Abstract

Cyanobacteria, also known as blue-green algae, are freshwater bacteria that may accumulate in surface water as "blooms" and concentrate as "scum". Occurrences of these blooms rely on many factors, but may be related to excess nutrients that enter water due to runoff from agricultural fertilizers or sewage.

Cyanobacterial toxins are known to affect either the liver (microcystins and nodularins) or the nervous system (anatoxins). Microcystins and nodularins inhibit protein phosphatases, leading to liver dysfunction and death in mammals, birds, and fish. Anatoxins cause death within minutes secondary to respiratory paralysis. The risk to domestic and wild terrestrial and aquatic species may be significant due to the dire consequences of exposure and the lack of a specific antidote for cyanobacterial toxins. Potassium permanganate has been suggested as a possible treatment for affected ponds by oxidizing the toxins, but may also kill the algae, resulting in the release of even more toxins. Accurate detection and quantitation of the cyanobacterial toxins through monitoring and surveillance can provide the ability to limit animal exposures and losses.
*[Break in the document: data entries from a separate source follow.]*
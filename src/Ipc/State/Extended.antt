-- ===== src/Ipc/State/Extended.antt =====
-- send_extended_items and send of kern/task/thread/ipc_state.cc, the latter behind its wait for the
-- receiver's e. The address spaces, the memory and the semaphores of the two threads are a world
-- `W`; `grant` stands for the regions of the acceptor followed by address_space::fpage_grant, `move`
-- for memmove between the threads' memories, and `signal` for signalling the receiver's f. Taking
-- a lock that this processor holds is a panic, and a read past an array is undefined; both are
-- faults.
pub mod Sending
use Prim.Native.Nat.{bit_and, bit_or}
use project_dionysus.Base.{
  ℕ, zero, suc, ◌+◌, ◌-◌, ◌*◌, ◌/◌, ◌%◌, ◌^◌, ◌≤◌, ◌<◌, ◌≡◌, ◌≢◌, Bool, true, false, not, Option,
  none, some, ErrorCode, ok, err, fault, error_invalid, error_invalid_access, ltb, leb, ◌==◌,
  if◌then◌else◌, arith, Option-cases,
}
use project_dionysus.Ipc.Tag.{
  untyped_count, typed_count, typed_count-lt, allow_string, string_length, send_base,
}
use project_dionysus.Ipc.Message.{update}
use project_dionysus.Ipc.State.{
  IpcState, get_message_tag, get_acceptor, blit, br_size, send_registers,
}

abbrev pub item_string : ℕ
item_string = 0

abbrev pub item_map : ℕ
item_map = 1

abbrev pub item_grant : ℕ
item_grant = 2

-- USER_TOP of include/system/memlayout.h.
abbrev pub user_top : ℕ
user_top = 0x00007fffffffffff

pub valid_user_ptr : ℕ → Bool
valid_user_ptr p = leb p user_top

-- `locked` is whether the sender's lock_ is held.
pub record Transfer (W : Type 0) : Type 0 where
  pub from : IpcState
  pub to : IpcState
  pub world : W
  pub locked : Bool

-- How the loop ends: with an error code or success, with a fault, or,
-- in the model, for lack of fuel.
pub data Exit (W : Type 0) : Type 0 where
  returned : Option ErrorCode → Transfer W → Exit W
  faulted : Exit W
  out_of_fuel : Exit W

module _ {W : Type 0} (grant : ℕ → ℕ → ℕ → W → Option ErrorCode × W)
    (move : ℕ → ℕ → ℕ → W → W) where
  pub copy_string_locked : ℕ → ℕ → ℕ → W → Option ErrorCode × W
  unfolding valid_user_ptr
  copy_string_locked from to len w =
      if not (valid_user_ptr from)
      then (some error_invalid_access, w)
      else if not (valid_user_ptr to)
      then (some error_invalid_access, w)
      else if not (valid_user_ptr ((from + len + 2 ^ 64 - 1) % 2 ^ 64))
      then (some error_invalid_access, w)
      else if not (valid_user_ptr ((to + len + 2 ^ 64 - 1) % 2 ^ 64))
      then (some error_invalid_access, w)
      else (none, move from to len w)

  -- A map or grant item: both words are copied under the lock, then the page is granted. `none` is
  -- a fault.
  pub transfer_page : ℕ → ℕ → Transfer W → Option (Option ErrorCode × Transfer W)
  transfer_page acceptor idx s =
      let to' = record s.to { mr = blit (blit s.to.mr s.from.mr idx 1) s.from.mr (idx + 1) 1 } in
      let (e, w) = grant acceptor (s.from.mr (idx + 1)) (send_base (s.from.mr idx)) s.world in
      if s.locked then none else some (e, record s { to = to'; world = w })

  -- What the string branch writes back: the length above the low ten bits that were there.
  pub string_written : ℕ → ℕ → Transfer W → Transfer W
  string_written at len s = record s {
    from = record s.from {
      br = update s.from.br at (bit_or (len * 2 ^ 10 % 2 ^ 64) (bit_and (s.from.br at) 0x3ff));
    };
  }

  -- A string item, with `b` the buffer register index behind `br_index += 2`. The buffer registers
  -- are the sender's own. `none` is a fault: the lock is held, or a read past the registers.
  pub transfer_string : ℕ → ℕ → ℕ → Transfer W → Option (Option ErrorCode × Transfer W)
  unfolding copy_string_locked
  transfer_string acceptor idx b s =
      let len = string_length (s.from.mr idx) in
      let (e, w) = copy_string_locked (s.from.mr (idx + 1)) (s.from.br (b - 2)) len s.world in
      let moved = record s { world = w } in
      if not (allow_string acceptor)
      then some (some error_invalid, s)
      else if s.locked
      then none
      else if leb br_size (b + 1)
      then none
      else if not (bit_and (s.from.br (b + 1)) 0xf == item_string)
      then some (some error_invalid, s)
      else if ltb (s.from.br (b + 1) / 2 ^ 10) len
      then some (some error_invalid, s)
      else elim e [
        | some code ↦ some (some code, moved)
        | none ↦ some (none, string_written (b + 1) len moved)
      ]

  -- The loop of `send_extended_items`: tag and acceptor are read before it.
  pub extended_loop : ℕ → ℕ → ℕ → ℕ → ℕ → Transfer W → Exit W
  extended_loop zero tag acceptor idx b s = out_of_fuel
  extended_loop (suc fuel) tag acceptor idx b s =
      let kind = bit_and (s.from.mr idx) 0xf in
      let page = transfer_page acceptor idx s in
      let string = transfer_string acceptor idx (b + 2) s in
      let after_page : Exit W = elim page [
        | none ↦ faulted
        | some (some code, s') ↦ returned (some code) s'
        | some (none, s') ↦ extended_loop fuel tag acceptor (idx + 2) b s'
      ] in
      let after_string : Exit W = elim string [
        | none ↦ faulted
        | some (some code, s') ↦ returned (some code) s'
        | some (none, s') ↦ extended_loop fuel tag acceptor idx (b + 2) s'
      ] in
      if not (ltb idx (typed_count tag))
      then returned none s
      else if kind == item_map
      then after_page
      else if kind == item_grant
      then after_page
      else if kind == item_string
      then after_string
      else returned (some error_invalid) s

  -- Each round moves on in the items or in the buffer registers.
  abbrev pub enough_fuel : ℕ
  enough_fuel = 98

  pub send_extended_items : Transfer W → Exit W
  send_extended_items s =
      extended_loop enough_fuel (get_message_tag s.from) (get_acceptor s.to)
        (untyped_count (get_message_tag s.from) + 1) 1 s

  -- What send leaves when its loop over the items has ended.
  pub finish_send : (W → W) → Exit W → Exit W
  finish_send signal (returned (some e) s) = returned (some e) (record s { locked = false })
  finish_send signal (returned none s) =
      returned none (record s { world = signal s.world; locked = false })
  finish_send signal faulted = faulted
  finish_send signal out_of_fuel = out_of_fuel

  -- send by the thread `parent`, behind its wait.
  pub send : (W → W) → ℕ → Transfer W → Exit W
  send signal parent s = if s.locked then faulted else elim (send_registers parent s.from s.to) [
    | err e ↦ faulted
    | fault ↦ faulted
    | ok to' ↦ finish_send signal (send_extended_items (record s { to = to'; locked = true }))
  ]
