-- ===== src/Ipc/State/Extended/Sending.antt =====
-- What becomes of the typed items of a message that is sent.
use project_dionysus.Base.{
  ℕ, zero, suc, ◌+◌, ◌-◌, ◌≤◌, ◌<◌, ◌≡◌, ◌≢◌, refl, ap, ◌⊎◌, inl, inr, true, false, Option, none,
  some, ErrorCode, ok, error_invalid, ltb, arith, Option-cases, Bool-cases,
}
use project_dionysus.Ipc.Tag.{untyped_count, typed_count, typed_count-lt}
use project_dionysus.Ipc.State.{
  IpcState, get_message_tag, get_acceptor, blit, send_registers, copy_mrs_to_locked,
}
use project_dionysus.Ipc.State.Extended.{
  Transfer, returned, faulted, out_of_fuel, transfer_page, transfer_string, string_written,
  extended_loop, send_extended_items, finish_send, send,
}

module _ {W : Type 0} (grant : ℕ → ℕ → ℕ → W → Option ErrorCode × W)
    (move : ℕ → ℕ → ℕ → W → W) where
  -- A string item that is taken leaves the registers alone, and its buffer register exists.
  transfer_string-some :
      (acceptor idx b : ℕ) (s s' : Transfer W)
      → transfer_string grant move acceptor idx b s ≡ some (none, s')
      → b + 1 < 33
  unfolding transfer_string string_written
  transfer_string-some acceptor idx b s s' h = ground arith

  -- The loop ends within the fuel: a round takes two items, or two buffer registers of 33.
  extended_loop_ends :
      (fuel tag acceptor idx b : ℕ) (s : Transfer W)
      → typed_count tag - idx + (32 - b) < fuel
      → extended_loop grant move fuel tag acceptor idx b s ≢ out_of_fuel
  unfolding extended_loop
  extended_loop_ends zero tag acceptor idx b s h = absurd (omega arith)
  extended_loop_ends (suc fuel) tag acceptor idx b s h =
      let next_page = λ (u : Transfer W). extended_loop_ends fuel tag acceptor (idx + 2) b u in
      let next_string = λ (u : Transfer W). extended_loop_ends fuel tag acceptor idx (b + 2) u in
      let room = transfer_string-some acceptor idx (b + 2) s in
      elim (Option-cases (transfer_page grant move acceptor idx s)) [
        | inl p ↦ elim (Option-cases (transfer_string grant move acceptor idx (b + 2) s)) [
          | inl q ↦ ground (arith, p, q)
          | inr ((some code, v), q) ↦ ground (arith, p, q)
          | inr ((none, v), q) ↦ ground (arith, p, q, next_string v, room v)
        ]
        | inr ((some code, u), p) ↦
            elim (Option-cases (transfer_string grant move acceptor idx (b + 2) s)) [
              | inl q ↦ ground (arith, p, q)
              | inr ((some code', v), q) ↦ ground (arith, p, q)
              | inr ((none, v), q) ↦ ground (arith, p, q, next_string v, room v)
            ]
        | inr ((none, u), p) ↦
            elim (Option-cases (transfer_string grant move acceptor idx (b + 2) s)) [
              | inl q ↦ ground (arith, p, q, next_page u)
              | inr ((some code', v), q) ↦ ground (arith, p, q, next_page u)
              | inr ((none, v), q) ↦ ground (arith, p, q, next_page u, next_string v, room v)
            ]
      ]

  -- Handling the typed items always comes to an end.
  pub send_extended_items_ends : (s : Transfer W) → send_extended_items grant move s ≢ out_of_fuel
  unfolding send_extended_items
  send_extended_items_ends s =
      extended_loop_ends 98 _ _ _ 1 s (omega (arith, typed_count-lt (get_message_tag s.from)))

  extended_loop_stop :
      (fuel tag acceptor idx b : ℕ) (s : Transfer W)
      → ltb idx (typed_count tag) ≡ false
      → extended_loop grant move (suc fuel) tag acceptor idx b s ≡ returned none s
  unfolding extended_loop
  extended_loop_stop fuel tag acceptor idx b s h = rw h refl

  -- The loop counts its index, which starts behind the untyped words, against the number of typed
  -- words alone.
  pub send_extended_items_skipped :
      (s : Transfer W)
      → typed_count (get_message_tag s.from) ≤ untyped_count (get_message_tag s.from) + 1
      → send_extended_items grant move s ≡ returned none s
  unfolding send_extended_items
  send_extended_items_skipped s h = extended_loop_stop 97 _ (get_acceptor s.to) _ 1 s (ground arith)

  -- With the lock held, the first item that the loop meets is a fault or an error.
  extended_loop_locked :
      (fuel tag acceptor idx b : ℕ) (s : Transfer W)
      → idx < typed_count tag
      → s.locked ≡ true
      → (extended_loop grant move (suc fuel) tag acceptor idx b s ≡ faulted)
        ⊎ (extended_loop grant move (suc fuel) tag acceptor idx b s
            ≡ returned (some error_invalid) s)
  unfolding extended_loop transfer_page transfer_string
  extended_loop_locked fuel tag acceptor idx b s more held = ground (arith, more, held)

  -- Sending a message with more typed words than its untyped ones and one never succeeds: the
  -- send is a fault, or it copies the registers, returns ERROR_INVALID, frees the lock and
  -- signals nobody.
  pub send_typed :
      (signal : W → W) (parent : ℕ) (s : Transfer W)
      → untyped_count (get_message_tag s.from) + 1 < typed_count (get_message_tag s.from)
      → (send grant move signal parent s ≡ faulted)
        ⊎ ((to' : IpcState) × (send_registers parent s.from s.to ≡ ok to')
            × (send grant move signal parent s
                ≡ returned (some error_invalid) (record s { to = to'; locked = false })))
  unfolding send send_extended_items finish_send send_registers copy_mrs_to_locked
  send_typed signal parent s more = elim (Bool-cases s.locked) [
    | inl held ↦ inl (rw held refl)
    | inr here ↦
        let to' : IpcState = record (s.to) {
          mr = blit s.to.mr s.from.mr 0 64;
          sender = some parent;
        } in
        let s' : Transfer W = record s { to = to'; locked = true } in
        elim (extended_loop_locked 97 (get_message_tag s.from) (get_acceptor to')
          (untyped_count (get_message_tag s.from) + 1) 1 s' more refl) [
            | inl e ↦ inl (rw (here, e) refl)
            | inr e ↦ inr (to', refl, rw (here, e) refl)
          ]
  ]

  -- A message whose typed items the loop does not meet is sent.
  pub send_untyped :
      (signal : W → W) (parent : ℕ) (self to : IpcState) (w : W)
      → typed_count (get_message_tag self) ≤ untyped_count (get_message_tag self) + 1
      → send grant move signal parent record { from = self; to = to; world = w; locked = false }
        ≡ returned none record {
          from = self;
          to = record to { mr = blit to.mr self.mr 0 64; sender = some parent };
          world = signal w;
          locked = false;
        }
  unfolding send finish_send send_registers copy_mrs_to_locked
  send_untyped signal parent self to w few =
      let to' : IpcState = record to { mr = blit to.mr self.mr 0 64; sender = some parent } in
      let all_skipped =
        send_extended_items_skipped record { from = self; to = to'; world = w; locked = true }
          few in
      ap (finish_send grant move signal) all_skipped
Experimental sublethal intraperitoneal injections of microcystins cause distinctive microscopic liver lesions in channel catfish, Ictalurus punctatus, but have been much more difficult to appreciate and document in clinical cases. This indicates that other confirmatory methods are needed for the detection and documentation of microcystins and other cyanobacterial toxins since histopathologic lesions alone are not adequate. Economically competitive methods for determination of the cyanobacterial toxins have been applied to a variety of water samples and include an enzyme-linked immunosorbent assay (ELISA) and protein phosphatase and mouse bioassays. These methods offer detection of the toxins with limited sample preparation, however they are limited by high incidences of false positive and/or false negative results. Our laboratory has been developing and validating multiresidue LC/MS detection methods for simultaneous screening for microcystins, nodularins, and anatoxins in water and animal tissues. The final stage of our study will involve surveillance of farm ponds with collection and analysis of water and sentinel fish placed in cages in these ponds.